3 5 ms 5 ms 2 ms 10.200.12.117
4 129 ms 130 ms 130 ms 38.88.197.206
5 128 ms 130 ms 130 ms te0-1-0-1.ccr41.lax04.atlas.cogentco.com [38.88.197.205]
6 128 ms 130 ms 131 ms be3271.ccr41.lax01.atlas.cogentco.com [154.54.42.101]
7 130 ms 129 ms 130 ms be3243.ccr41.lax05.atlas.cogentco.com [154.54.27.118]
8 130 ms 131 ms 130 ms 38.104.84.254
9 130 ms 130 ms 129 ms 104.24.108.7

tracert to the origin server:
3 2 ms 2 ms 2 ms 10.200.12.73
4 5 ms 6 ms 2 ms vodafonenz.akl01-96cbe-1a.ntwk.msn.net [207.46.36.198]
5 5 ms 6 ms 6 ms ae9-0.akl01-96cbe-1a.ntwk.msn.net [207.46.36.197]
6 5 ms 6 ms 6 ms ae21-0.ier02.akl30.ntwk.msn.net [104.44.233.225]
7 28 ms 30 ms 30 ms 104.44.233.214
8 41 ms 42 ms 42 ms be-102-0.ibr01.syd03.ntwk.msn.net [104.44.11.89]
9 43 ms 42 ms 42 ms be-6-0.ibr01.mel01.ntwk.msn.net [104.44.10.34]
10 44 ms 44 ms 42 ms ae101-0.icr01.mel20.ntwk.msn.net [104.44.11.158]

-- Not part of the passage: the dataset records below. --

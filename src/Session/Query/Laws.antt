-- ===== src/Session/Query/Laws.antt =====
-- lib/api.ts, getLinks: no empty text is sent, and the paging is sent as it is given.
use stridetastic.Prelude.{
  ◌++◌, ℕ, String, Bool, true, false, ◌≡◌, refl, Option, none, some, ◌==◌, All, All-append,
  Bool-cases, inl, inr,
}
use stridetastic.ActivityFilters.{ActivityTimeRange, all, five_min, one_hour, two_hours, day, week}
use stridetastic.Session.Query.{
  Query, LinksParams, QueryValue, text_value, number_value, text_entry, flag_entry, range_entry,
  number_entry, params_query, get_links_query,
}

abbrev pub is_empty_value : QueryValue → Bool
is_empty_value (text_value s) = s == ""
is_empty_value (number_value n) = false

abbrev pub IsSent : String × QueryValue → Type 0
IsSent entry = is_empty_value entry.1 ≡ false

text_entry-IsSent : (key : String) (o : Option String) → All IsSent (text_entry key o)
unfolding text_entry
text_entry-IsSent key none = tt
text_entry-IsSent key (some s) = elim (Bool-cases (s == "")) [
  | inl empty ↦ rw empty tt
  | inr named ↦ rw named (named, tt)
]

flag_entry-IsSent : (key : String) (o : Option Bool) → All IsSent (flag_entry key o)
unfolding flag_entry
flag_entry-IsSent key none = tt
flag_entry-IsSent key (some true) = (refl, tt)
flag_entry-IsSent key (some false) = (refl, tt)

range_entry-IsSent : (key : String) (o : Option ActivityTimeRange) → All IsSent (range_entry key o)
unfolding range_entry
range_entry-IsSent key none = tt
range_entry-IsSent key (some all) = (refl, tt)
range_entry-IsSent key (some five_min) = (refl, tt)
range_entry-IsSent key (some one_hour) = (refl, tt)
range_entry-IsSent key (some two_hours) = (refl, tt)
range_entry-IsSent key (some day) = (refl, tt)
range_entry-IsSent key (some week) = (refl, tt)

number_entry-IsSent : (key : String) (o : Option ℕ) → All IsSent (number_entry key o)
unfolding number_entry
number_entry-IsSent key none = tt
number_entry-IsSent key (some n) = (refl, tt)

-- Both parts of a query are sent.
join-IsSent : (xs ys : Query) → All IsSent xs → All IsSent ys → All IsSent (xs ++ ys)
join-IsSent xs ys h k = All-append IsSent xs ys h k

params_query-IsSent : (params : LinksParams) → All IsSent (params_query params)
unfolding params_query
params_query-IsSent params =
    let s = text_entry-IsSent "search" params.search in
    let n = text_entry-IsSent "node" params.node in
    let b = flag_entry-IsSent "bidirectional" params.bidirectional in
    let l = range_entry-IsSent "last" params.last in
    let f = text_entry-IsSent "since" params.since in
    let u = text_entry-IsSent "until" params.until in
    let m = number_entry-IsSent "limit" params.limit in
    let o = number_entry-IsSent "offset" params.offset in
    let p = text_entry-IsSent "port" params.port in
    join-IsSent _ _
      (join-IsSent _ _
        (join-IsSent _ _
          (join-IsSent _ _
            (join-IsSent _ _ (join-IsSent _ _ (join-IsSent _ _ (join-IsSent _ _ s n) b) l) f) u)
          m)
        o)
      p

-- No parameter of the query is an empty text.
pub get_links_query-IsSent : (params : Option LinksParams) → All IsSent (get_links_query params)
unfolding get_links_query
get_links_query-IsSent none = tt
get_links_query-IsSent (some params) = params_query-IsSent params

I’ve just tried it via another device, going through BNE (Brisbane I presume) and with that I’m getting 100 to 150ms response time. Much much better than the 300 to 800ms via LAX.

150ms is pretty responsive, not as good as 50ms, although something I think users can live with.

Does anyone know how Cloudflare decides which route a user should take? Going via LAX is far compared to the NZ or AU edge servers.

1 Like

I believe I found the answer here:

It is a peering issue and only your ISP can fix that.